Network-based probes check application connectivity over HTTP, TCP, or gRPC. These are typically used to verify that a service is responsive and accepting traffic.

OpenShift supports the following probe types:

exec — runs a command inside the container
httpGet — sends an HTTP GET request to a specific path and port
tcpSocket — opens a TCP connection to a given port
grpc — performs a gRPC health check using the standard gRPC health protocol

Choosing the right type depends on what your application is doing and how you want to measure its health.

Now let’s look at how each probe type fits into the container lifecycle.

Readiness Probes

OpenShift uses readiness probes to decide when a container is eligible to receive traffic from Services. If the readiness check fails, the container is temporarily removed from the pool of backends.

This is especially important during rolling deployments — OpenShift won’t scale down old pods until new ones are ready.

Example: HTTP readiness check

readinessProbe:
  httpGet:
    path: /healthz
    port: 8080
  initialDelaySeconds: 5
  periodSeconds: 10

Liveness Probes

Liveness probes detect long-term failure. If the probe fails consistently, OpenShift will restart the container. This is useful for recovering from deadlocks, hung processes, or stuck threads.

Example: TCP liveness check

livenessProbe:
  tcpSocket:
    port: 3306
  initialDelaySeconds: 15
  periodSeconds: 20

Example: Exec liveness check

livenessProbe:
  exec:
    command:
      - cat
      - /tmp/app.lock
  initialDelaySeconds: 10
  periodSeconds: 5

Startup Probes

Startup probes are designed for applications that take a long time to initialize.
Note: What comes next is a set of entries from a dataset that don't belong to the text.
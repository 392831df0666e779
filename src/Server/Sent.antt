-- ===== src/Server/Sent.antt =====
-- What the application gets of a request.
use ats_fastcgi.Common.{
  ℕ, ◌+◌, ◌≤◌, ◌<◌, ◌^◌, ◌≡◌, refl, ap, ◌∙◌, List, [], ◌∷◌, ◌++◌, append_assoc, some, Outcome, ok,
  Bool, true, false, Bytes, ◌==◌, length, arith,
}
use ats_fastcgi.Connection.{ServerConnection, FcgiRequest}
use ats_fastcgi.Connection.Heap.{load}
use ats_fastcgi.Request.{ClientState, create_begin_request, post_body_chunk, add_client_request}
use ats_fastcgi.Request.Bounds.{params_bytes}
use ats_fastcgi.Request.Frames.{request_messages, AllMessages, create_begin_request-records}
use ats_fastcgi.Request.Bodies.{post_messages, post_body_chunk-records}
use ats_fastcgi.Response.Stream.{encode_all}
use ats_fastcgi.Intercept.{Effect, start_write, write, reenable}
use ats_fastcgi.Server.{Server, emit, find, get_server_connection}
use ats_fastcgi.Server.Writing.{
  Answers, set_connection, finish_write, write_bytes, php_write, write_client, write_found,
  write_request_header, write_request_body,
}

-- Nothing goes wrong while `n` bytes are written: the connection is open, a channel that is there has its
-- `vio`, and all bytes are written.
pub record IsOpen (io : Answers) (conn : ServerConnection) (n : ℕ) : Type 0 where
  pub not_closed : io.vc_closed ≡ false
  pub has_vio_eq : io.has_vio ≡ true
  pub all_written : io.num_bytes_written ≡ n
  pub channel : conn.writing ≡ true → conn.write_vio ≡ true

-- The channel is opened, if it is not there.
abbrev pub opening : ℕ → Bool → List Effect
opening c true = []
opening c false = start_write c ∷ []

-- What is asked of Traffic Server when bytes are written that are not the last.
abbrev pub sending : ℕ → Bool → Bytes → List Effect
sending c writing buf = opening c writing ++ (write c buf ∷ reenable c ∷ [])

write_bytes-sends :
    (io : Answers) (c : ℕ) (buf : Bytes) (conn : ServerConnection) (s : Server)
    → io.num_bytes_written ≡ length buf
    → conn.write_vio ≡ true
    → write_bytes io c buf false conn s ≡ ok (emit (reenable c) (emit (write c buf) s))
unfolding write_bytes finish_write
write_bytes-sends io c buf conn s n v =
    let same : (io.num_bytes_written == length buf) ≡ true = ground arith in rw (same, v) refl

php_write-sends :
    (io : Answers) (c : ℕ) (buf : Bytes) (conn : ServerConnection) (s : Server) (writing : Bool)
    → conn.writing ≡ writing
    → IsOpen io conn (length buf)
    → (s' : Server) × (php_write io c buf false conn s ≡ ok s')
      × (s'.effects ≡ s.effects ++ sending c writing buf)
unfolding php_write
php_write-sends io c buf conn s true e h = (
  emit (reenable c) (emit (write c buf) s),
  rw (h.not_closed, e) (write_bytes-sends io c buf conn s h.all_written (h.channel e)),
  append_assoc s.effects (write c buf ∷ []) (reenable c ∷ []),
)
php_write-sends io c buf conn s false e h =
    let conn' = record conn { writing = true; write_vio = io.has_vio } in
    let s' = emit (start_write c) (set_connection c conn' s) in
    (
      emit (reenable c) (emit (write c buf) s'),
      rw (h.not_closed, e, h.has_vio_eq)
          (write_bytes-sends io c buf (record conn { writing = true; write_vio = true }) _
            h.all_written refl),
      append_assoc (s.effects ++ (start_write c ∷ [])) (write c buf ∷ []) (reenable c ∷ [])
          ∙ append_assoc s.effects (start_write c ∷ []) (write c buf ∷ reenable c ∷ []),
    )

-- `writeRequestHeader` and `writeRequestBody`, for any serialisation.
write_found-sends :
    (serialise : ClientState → Outcome ClientState) (io : Answers) (c : ℕ) (conn : ServerConnection)
    (r : FcgiRequest) (client : ClientState) (buf : Bytes) (s : Server)
    → s.heap.cell c ≡ some conn
    → conn.fcgi_request ≡ some r
    → serialise r.client ≡ ok client
    → add_client_request client ≡ buf
    → IsOpen io conn (length buf)
    → (s' : Server) × (write_found serialise false io (some c) s ≡ ok (true, s'))
      × (s'.effects ≡ s.effects ++ sending c conn.writing buf)
unfolding write_found write_client load
write_found-sends serialise io c conn r client buf s f g run sent h =
    let conn' = record conn { fcgi_request = some (record r { client = client }) } in
    let (s', done, effects) =
      php_write-sends io c buf conn' (set_connection c conn' s) conn.writing refl (record {
        not_closed = h.not_closed;
        has_vio_eq = h.has_vio_eq;
        all_written = h.all_written;
        channel = h.channel;
      }) in
    (s', rw (f, g, run, sent, done) refl, effects)

get_server_connection-found :
    (id i c : ℕ) (s : Server)
    → find id s.intercept_list ≡ some (i, c)
    → get_server_connection id s ≡ some c
unfolding get_server_connection
get_server_connection-found id i c s e = rw (e, get_server_connection) refl

-- `writeRequestHeader`, of a request of the map with a client request that has nothing written,
-- parameters of less than 65536 bytes and a buffer with room for them and 32 bytes more, where Traffic
-- Server takes all that is written: it succeeds, and what is written to the request's connection is
-- well-formed records, which are a begin record, the parameters and their end.
pub write_request_header-sends :
    (io : Answers) (id i c : ℕ) (conn : ServerConnection) (r : FcgiRequest) (s : Server)
    → find id s.intercept_list ≡ some (i, c)
    → s.heap.cell c ≡ some conn
    → conn.fcgi_request ≡ some r
    → r.client.p_buff_inc ≡ 0
    → length (params_bytes r.client.request_headers) < 2 ^ 16
    → 32 + length (params_bytes r.client.request_headers) ≤ length r.client.buff
    → IsOpen io conn (length (encode_all (request_messages r.client)))
    → (s' : Server) × (write_request_header io id s ≡ ok (true, s'))
      × (s'.effects ≡ s.effects ++ sending c conn.writing (encode_all (request_messages r.client)))
      × AllMessages (request_messages r.client)
unfolding write_request_header
write_request_header-sends io id i c conn r s e f g fresh short room h =
    let (client, run, sent, messages) = create_begin_request-records r.client fresh short room in
    let (s', done, effects) =
      write_found-sends create_begin_request io c conn r client _ s f g run sent h in
    (
      s',
      ap (λ v. write_found create_begin_request false io v s)
            (get_server_connection-found id i c s e)
          ∙ done,
      effects,
      messages,
    )

-- `writeRequestBody`, of a request of the map with a client request and less than 65536 bytes that leave
-- 16 of its buffer, where Traffic Server takes all that is written: it succeeds, and what is written to
-- the request's connection is two well-formed records, the bytes and the end of the body.
pub write_request_body-sends :
    (io : Answers) (id i c : ℕ) (chunk : Bytes) (conn : ServerConnection) (r : FcgiRequest)
    (s : Server)
    → find id s.intercept_list ≡ some (i, c)
    → s.heap.cell c ≡ some conn
    → conn.fcgi_request ≡ some r
    → length chunk < 2 ^ 16
    → 16 + length chunk ≤ length r.client.buff
    → IsOpen io conn (length (encode_all (post_messages chunk r.client)))
    → (s' : Server) × (write_request_body io id chunk s ≡ ok (true, s'))
      × (s'.effects
          ≡ s.effects ++ sending c conn.writing (encode_all (post_messages chunk r.client)))
      × AllMessages (post_messages chunk r.client)
unfolding write_request_body
write_request_body-sends io id i c chunk conn r s e f g short room h =
    let (client, run, sent, messages) = post_body_chunk-records chunk r.client short room in
    let (s', done, effects) =
      write_found-sends (post_body_chunk chunk) io c conn r client _ s f g run sent h in
    (
      s',
      ap (λ v. write_found (post_body_chunk chunk) false io v s)
            (get_server_connection-found id i c s e)
          ∙ done,
      effects,
      messages,
    )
They delay the start of liveness checks so the container has a chance to fully boot before being restarted prematurely.

If a startup probe is defined, liveness probes are disabled until the startup probe succeeds once.

Example: Long boot time

startupProbe:
  httpGet:
    path: /startup
    port: 8080
  failureThreshold: 30
  periodSeconds: 10

This gives the container up to 5 minutes (30 × 10 seconds) to start up before OpenShift intervenes.

Combining Probes

You can use all three probes in a single container to cover:

Startup time (via startupProbe)
Runtime health (via livenessProbe)
Traffic readiness (via readinessProbe)

Example: Combined probe setup

readinessProbe:
  httpGet:
    path: /ready
    port: 8080
  initialDelaySeconds: 5
  periodSeconds: 10

livenessProbe:
  httpGet:
    path: /live
    port: 8080
  initialDelaySeconds: 15
  periodSeconds: 20

startupProbe:
  httpGet:
    path: /startup
    port: 8080
  failureThreshold: 30
  periodSeconds: 10

Readiness and liveness probes are essential for reliable deployments, scaling, and self-healing. Without them, OpenShift has no way to safely replace or recover containers.

References

Knowledge Check

What are the key differences between the Recreate and Rolling deployment strategies?
Why are readiness probes critical for safe rolling deployments?
When would you consider using a StatefulSet over a standard Deployment?
What is a blue-green deployment, and how do you switch traffic between environments?
How can OpenShift Routes be used to implement basic blue-green or canary deployments?
What is the purpose of a canary rollout, and how is it different from blue-green?
How does Argo Rollouts enhance deployment strategies like canary or blue-green?
What is the main goal of an A/B testing deployment, and how does it differ from a traditional rollout?
What kinds of request data (e.g., headers or cookies) might be used to route traffic in an A/B test?
Which tools in OpenShift can help automate or control progressive delivery strategies?